Recorded information:
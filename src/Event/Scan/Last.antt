-- ===== src/Event/Scan/Last.antt =====
-- What `seek_and_verify_complete_trx` finds in the events of a file.
use oblogproxy.Common.{
  ℕ, ◌+◌, ◌<◌, ◌≡◌, ◌≢◌, inl, inr, refl, sym, ap, ◌∙◌, subst, List, [], ◌∷◌, ◌++◌, some, Bool, true,
  false, Bool-cases, if◌then◌else◌, ◌||◌, ◌==◌, All, length, arith, length-append,
}
use oblogproxy.Event.Header.{
  OblogEventHeader, flush_header, length-flush_header, gtid_log_event, query_event,
}
use oblogproxy.Event.Checksum.{read_file, verify_event_checksum}
use oblogproxy.Event.Memory.{c_string}
use oblogproxy.Event.Gtid
use oblogproxy.Event.Query
use oblogproxy.Event.Scan.{
  BinlogTrxOverview, State, Scanned, binlog_magic, begin_var, same_bytes, complete,
  at_previous_gtids, at_gtid, at_query, at_event, verified, seek_and_verify_complete_trx,
}
use oblogproxy.Event.Scan.Layout.{bytes, LaidOut, handled}
use oblogproxy.Event.Scan.Verified.{seek_and_verify_complete_trx-handled}
use oblogproxy.Event.Scan.Trx.{
  Kind, Event, raws, Closes, open_gtid, ended_gtid, end_with, has_previous, overview_of, Is, Kinds,
}

or_false : (b : Bool) → (b || false) ≡ b
or_false true = refl
or_false false = refl

or_true : (b : Bool) → (b || true) ≡ true
or_true true = refl
or_true false = refl

same_bytes-eq : (s t : List ℕ) → same_bytes s t ≡ true → s ≡ t
same_bytes-eq [] [] e = refl
same_bytes-eq [] (b ∷ t) e = cc
same_bytes-eq (a ∷ s) [] e = cc
same_bytes-eq (a ∷ s) (b ∷ t) e = ground (arith, same_bytes-eq s t)

other_bytes : (s t : List ℕ) → s ≢ t → same_bytes s t ≡ false
other_bytes s t n = elim (Bool-cases (same_bytes s t)) [
  | inl same ↦ absurd (n (same_bytes-eq s t same))
  | inr other ↦ other
]

differs : (a b : ℕ) → a ≢ b → (a == b) ≡ false
differs a b n = ground (arith, n)

module _ (heap : List ℕ) (flag : ℕ) (file : List ℕ) where
  abbrev step : Kind → OblogEventHeader → ℕ → State → State
  step Kind.previous h pos s = at_previous_gtids h pos s
  step (Kind.gtid n) h pos s = (record s.0 { trx_need_truncated_gtid = n }, s.1)
  step Kind.ends h pos s = complete h pos s
  step Kind.passes h pos s = s

  at_gtid-read :
      (n : ℕ) (h : OblogEventHeader) (pos : ℕ) (s : State) (buffer : List ℕ) (e : Gtid.GtidLogEvent)
      → read_file file pos h.event_length ≡ some buffer
      → Gtid.deserialize flag buffer ≡ some e
      → e.gtid_txn_id ≡ n
      → at_gtid heap flag file h pos s ≡ some (step (Kind.gtid n) h pos s)
  unfolding at_gtid
  at_gtid-read n h pos s buffer e there parsed id = rw (at_gtid, there, parsed, id) refl

  at_query-read :
      (h : OblogEventHeader) (pos : ℕ) (s : State) (buffer : List ℕ) (e : Query.QueryEvent)
      (b : Bool)
      → read_file file pos h.event_length ≡ some buffer
      → Query.deserialize heap flag buffer ≡ some e
      → same_bytes (c_string e.sql_statment) begin_var ≡ b
      → at_query heap flag file h pos s ≡ some (if b then s else complete h pos s)
  unfolding at_query
  at_query-read h pos s buffer e b there parsed same = rw (at_query, there, parsed, same) refl

  at_event-gtid :
      (h : OblogEventHeader) (pos : ℕ) (s : State)
      → h.type_code ≡ gtid_log_event
      → at_event heap flag file h pos s ≡ at_gtid heap flag file h pos s
  unfolding at_event
  at_event-gtid h pos s e = rw e refl

  at_event-query :
      (h : OblogEventHeader) (pos : ℕ) (s : State)
      → h.type_code ≡ query_event
      → at_event heap flag file h pos s ≡ at_query heap flag file h pos s
  unfolding at_event
  at_event-query h pos s e = rw e refl

  at_event-step :
      (k : Kind) (h : OblogEventHeader) (pos : ℕ) (s : State)
      → Is heap flag file pos h k
      → at_event heap flag file h pos s ≡ some (step k h pos s)
  unfolding at_event
  at_event-step Kind.previous h pos s e = rw e refl
  at_event-step (Kind.gtid n) h pos s (e, buffer, event, there, parsed, id) =
      at_event-gtid h pos s e ∙ at_gtid-read n h pos s buffer event there parsed id
  at_event-step Kind.ends h pos s (inl e) = rw e refl
  at_event-step Kind.ends h pos s (inr (e, buffer, event, there, parsed, other)) =
      at_event-query h pos s e
      ∙ at_query-read h pos s buffer event false there parsed
          (other_bytes (c_string event.sql_statment) begin_var other)
  at_event-step Kind.passes h pos s (inl (a, b, c, d)) =
      rw
        (
          differs h.type_code _ a,
          differs h.type_code _ b,
          differs h.type_code _ c,
          differs h.type_code _ d,
        )
        refl
  at_event-step Kind.passes h pos s (inr (e, buffer, event, there, parsed, begins)) =
      at_event-query h pos s e
      ∙ at_query-read h pos s buffer event true there parsed
          (ap (λ t. same_bytes t begin_var) begins)

  abbrev run : ℕ → List Event → State → State
  run pos [] s = s
  run pos ((k, (h, body)) ∷ es) s = run h.next_position es (step k h pos s)

  handled-run :
      (es : List Event) (pos : ℕ) (s : State)
      → Kinds heap flag file pos es
      → handled heap flag file pos (raws es) s ≡ Scanned.finished (run pos es s)
  handled-run [] pos s v = refl
  handled-run ((k, (h, body)) ∷ es) pos s (is_k, v) =
      rw (handled, at_event-step k h pos s is_k) (handled-run es h.next_position (step k h pos s) v)

  run-open_gtid :
      (es : List Event) (pos : ℕ) (s : State)
      → (run pos es s).0.trx_need_truncated_gtid ≡ open_gtid s.0.trx_need_truncated_gtid es
  run-open_gtid [] pos s = refl
  run-open_gtid ((Kind.previous, (h, body)) ∷ es) pos s =
      run-open_gtid es h.next_position (step Kind.previous h pos s)
  run-open_gtid ((Kind.gtid n, (h, body)) ∷ es) pos s =
      run-open_gtid es h.next_position (step (Kind.gtid n) h pos s)
  run-open_gtid ((Kind.ends, (h, body)) ∷ es) pos s =
      run-open_gtid es h.next_position (step Kind.ends h pos s)
  run-open_gtid ((Kind.passes, (h, body)) ∷ es) pos s = run-open_gtid es h.next_position s

  run-ended_gtid :
      (es : List Event) (pos : ℕ) (s : State)
      → (run pos es s).0.last_complete_trx_gtid
        ≡ ended_gtid s.0.last_complete_trx_gtid s.0.trx_need_truncated_gtid es
  run-ended_gtid [] pos s = refl
  run-ended_gtid ((Kind.previous, (h, body)) ∷ es) pos s =
      run-ended_gtid es h.next_position (step Kind.previous h pos s)
  run-ended_gtid ((Kind.gtid n, (h, body)) ∷ es) pos s =
      run-ended_gtid es h.next_position (step (Kind.gtid n) h pos s)
  run-ended_gtid ((Kind.ends, (h, body)) ∷ es) pos s =
      run-ended_gtid es h.next_position (step Kind.ends h pos s)
  run-ended_gtid ((Kind.passes, (h, body)) ∷ es) pos s = run-ended_gtid es h.next_position s

  run-end_with :
      (es : List Event) (pos : ℕ) (s : State)
      → (run pos es s).0.trx_specify_truncated_end_pos
        ≡ end_with s.0.trx_specify_truncated_gtid s.0.trx_specify_truncated_end_pos
            s.0.trx_need_truncated_gtid es
  run-end_with [] pos s = refl
  run-end_with ((Kind.previous, (h, body)) ∷ es) pos s =
      run-end_with es h.next_position (step Kind.previous h pos s)
  run-end_with ((Kind.gtid n, (h, body)) ∷ es) pos s =
      run-end_with es h.next_position (step (Kind.gtid n) h pos s)
  run-end_with ((Kind.ends, (h, body)) ∷ es) pos s =
      run-end_with es h.next_position (step Kind.ends h pos s)
  run-end_with ((Kind.passes, (h, body)) ∷ es) pos s = run-end_with es h.next_position s

  run-specified :
      (es : List Event) (pos : ℕ) (s : State)
      → (run pos es s).0.trx_specify_truncated_gtid ≡ s.0.trx_specify_truncated_gtid
  run-specified [] pos s = refl
  run-specified ((Kind.previous, (h, body)) ∷ es) pos s =
      run-specified es h.next_position (step Kind.previous h pos s)
  run-specified ((Kind.gtid n, (h, body)) ∷ es) pos s =
      run-specified es h.next_position (step (Kind.gtid n) h pos s)
  run-specified ((Kind.ends, (h, body)) ∷ es) pos s =
      run-specified es h.next_position (step Kind.ends h pos s)
  run-specified ((Kind.passes, (h, body)) ∷ es) pos s = run-specified es h.next_position s

  run-previous_kept :
      (es : List Event) (pos : ℕ) (s : State)
      → s.0.has_previous_gtids_event ≡ true
      → (run pos es s).0.has_previous_gtids_event ≡ true
  run-previous_kept [] pos s e = e
  run-previous_kept ((Kind.previous, (h, body)) ∷ es) pos s e =
      run-previous_kept es h.next_position (step Kind.previous h pos s) refl
  run-previous_kept ((Kind.gtid n, (h, body)) ∷ es) pos s e =
      run-previous_kept es h.next_position (step (Kind.gtid n) h pos s) e
  run-previous_kept ((Kind.ends, (h, body)) ∷ es) pos s e =
      run-previous_kept es h.next_position (step Kind.ends h pos s) e
  run-previous_kept ((Kind.passes, (h, body)) ∷ es) pos s e =
      run-previous_kept es h.next_position s e

  run-has_previous :
      (es : List Event) (pos : ℕ) (s : State)
      → (run pos es s).0.has_previous_gtids_event
        ≡ (s.0.has_previous_gtids_event || has_previous es)
  run-has_previous [] pos s = sym (or_false s.0.has_previous_gtids_event)
  run-has_previous ((Kind.previous, (h, body)) ∷ es) pos s =
      run-previous_kept es h.next_position (step Kind.previous h pos s) refl
      ∙ sym (or_true s.0.has_previous_gtids_event)
  run-has_previous ((Kind.gtid n, (h, body)) ∷ es) pos s =
      run-has_previous es h.next_position (step (Kind.gtid n) h pos s)
  run-has_previous ((Kind.ends, (h, body)) ∷ es) pos s =
      run-has_previous es h.next_position (step Kind.ends h pos s)
  run-has_previous ((Kind.passes, (h, body)) ∷ es) pos s = run-has_previous es h.next_position s

  -- Where the last event that closes stands, and where it ends.
  abbrev Marks : ℕ → ℕ → State → Type 0
  Marks end start s = (s.0.last_complete_trx_end_pos ≡ end) × (s.1 ≡ start)

  run-Marks :
      (es : List Event) (pos end start : ℕ) (s : State)
      → All (λ (e : Event). ¬ Closes e.0) es
      → Marks end start s
      → Marks end start (run pos es s)
  run-Marks [] pos end start s none_close m = m
  run-Marks ((Kind.previous, (h, body)) ∷ es) pos end start s (c, cs) m = absurd (c tt)
  run-Marks ((Kind.gtid n, (h, body)) ∷ es) pos end start s (c, cs) m =
      run-Marks es h.next_position end start (step (Kind.gtid n) h pos s) cs m
  run-Marks ((Kind.ends, (h, body)) ∷ es) pos end start s (c, cs) m = absurd (c tt)
  run-Marks ((Kind.passes, (h, body)) ∷ es) pos end start s (c, cs) m =
      run-Marks es h.next_position end start s cs m

  step-Marks :
      (k : Kind) (h : OblogEventHeader) (pos : ℕ) (s : State)
      → Closes k
      → Marks h.next_position pos (step k h pos s)
  step-Marks Kind.previous h pos s c = (refl, refl)
  step-Marks (Kind.gtid n) h pos s c = elim c [ ]
  step-Marks Kind.ends h pos s c = (refl, refl)
  step-Marks Kind.passes h pos s c = elim c [ ]

  run-last :
      (before after : List Event) (k : Kind) (h : OblogEventHeader) (body : List ℕ) (pos : ℕ)
      (s : State)
      → LaidOut pos (raws (before ++ (k, (h, body)) ∷ after))
      → Closes k
      → All (λ (e : Event). ¬ Closes e.0) after
      → Marks h.next_position
          (pos + length (bytes (raws before)))
          (run pos (before ++ (k, (h, body)) ∷ after) s)
  run-last [] after k h body pos s v c none_close =
      subst (λ p. Marks h.next_position p (run h.next_position after (step k h pos s)))
        (omega arith)
        (run-Marks after h.next_position h.next_position pos (step k h pos s) none_close
          (step-Marks k h pos s c))
  run-last ((j, (g, other)) ∷ before) after k h body pos s (g_fits, next, v) c none_close =
      subst
        (λ p.
          Marks h.next_position p
            (run g.next_position (before ++ (k, (h, body)) ∷ after) (step j g pos s)))
        (omega (
          arith,
          next,
          length-append (flush_header g ++ other) (bytes (raws before)),
          length-append (flush_header g) other,
          length-flush_header g,
        ))
        (run-last before after k h body g.next_position (step j g pos s) v c none_close)

same_overview :
    (t : BinlogTrxOverview) (a : Bool) (b c d e f : ℕ)
    → t.has_previous_gtids_event ≡ a
    → t.last_complete_trx_end_pos ≡ b
    → t.last_complete_trx_gtid ≡ c
    → t.trx_need_truncated_gtid ≡ d
    → t.trx_specify_truncated_gtid ≡ e
    → t.trx_specify_truncated_end_pos ≡ f
    → t ≡ record {
      has_previous_gtids_event = a;
      last_complete_trx_end_pos = b;
      last_complete_trx_gtid = c;
      trx_need_truncated_gtid = d;
      trx_specify_truncated_gtid = e;
      trx_specify_truncated_end_pos = f;
    }
same_overview t a b c d e f h1 h2 h3 h4 h5 h6 = rw (← h1, ← h2, ← h3, ← h4, ← h5, ← h6) refl

-- On a file with the magic number and events one behind another, each with a header in range that
-- states where the event ends, and each of a kind that its type and, for a GTID or a query, what is
-- read at its place say, the scan needs one unit of fuel more than there are events. Where the event
-- at `h` is the previous GTIDs or ends a transaction, and none behind it does, the overview says whether
-- previous GTIDs were seen, where that event ends, which GTID the last transaction to end had, which
-- one is open, and where the last transaction with the GTID asked for ends. If previous GTIDs were
-- seen, the result is that of verifying that event, from its start; it is a success if not.
pub seek_and_verify_complete_trx-overview_of :
    (crc32 : List ℕ → ℕ) (fresh : ℕ → List ℕ) (heap : List ℕ) (flag : ℕ) (before after : List Event)
    (k : Kind) (h : OblogEventHeader) (body : List ℕ) (n : ℕ) (trx : BinlogTrxOverview)
    → length (fresh 4) ≡ 4
    → LaidOut 4 (raws (before ++ (k, (h, body)) ∷ after))
    → Kinds heap flag
        (binlog_magic ++ bytes (raws (before ++ (k, (h, body)) ∷ after)))
        4
        (before ++ (k, (h, body)) ∷ after)
    → Closes k
    → All (λ (e : Event). ¬ Closes e.0) after
    → length (raws (before ++ (k, (h, body)) ∷ after)) < n
    → seek_and_verify_complete_trx crc32 fresh heap flag
        (binlog_magic ++ bytes (raws (before ++ (k, (h, body)) ∷ after)))
        n
        trx
      ≡ (
        Scanned.finished (
          overview_of trx (before ++ (k, (h, body)) ∷ after) h.next_position,
          4 + length (bytes (raws before)),
        ),
        if trx.has_previous_gtids_event || has_previous (before ++ (k, (h, body)) ∷ after)
            then verify_event_checksum crc32
                (binlog_magic ++ bytes (raws (before ++ (k, (h, body)) ∷ after)))
                (4 + length (bytes (raws before)))
                true
            else some true,
      )
seek_and_verify_complete_trx-overview_of crc32 fresh heap flag before after k h body n trx sized v
      kinds closes none_close enough =
    let es = before ++ (k, (h, body)) ∷ after in
    let file = binlog_magic ++ bytes (raws es) in
    let (ends_there, starts_there) =
      run-last heap flag file before after k h body 4 (trx, 0) v closes none_close in
    let found =
      same_overview (run heap flag file 4 es (trx, 0)).0 _ _ _ _ _ _
        (run-has_previous heap flag file es 4 (trx, 0)) ends_there
        (run-ended_gtid heap flag file es 4 (trx, 0)) (run-open_gtid heap flag file es 4 (trx, 0))
        (run-specified heap flag file es 4 (trx, 0)) (run-end_with heap flag file es 4 (trx, 0)) in
    seek_and_verify_complete_trx-handled crc32 fresh heap flag (raws es) n trx sized v enough
    ∙ ap (verified crc32 fresh heap flag file) (handled-run heap flag file es 4 (trx, 0) kinds)
    ∙ ap
        (λ t.
          verified crc32 fresh heap flag file
            (Scanned.finished (t, (run heap flag file 4 es (trx, 0)).1)))
        found
    ∙ ap
        (λ p.
          verified crc32 fresh heap flag file
            (Scanned.finished (overview_of trx es h.next_position, p)))
        starts_there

What is being asked:
Go through the data and show each line that holds "sized".

Output of the task:
seek_and_verify_complete_trx-overview_of crc32 fresh heap flag before after k h body n trx sized v
    seek_and_verify_complete_trx-handled crc32 fresh heap flag (raws es) n trx sized v enough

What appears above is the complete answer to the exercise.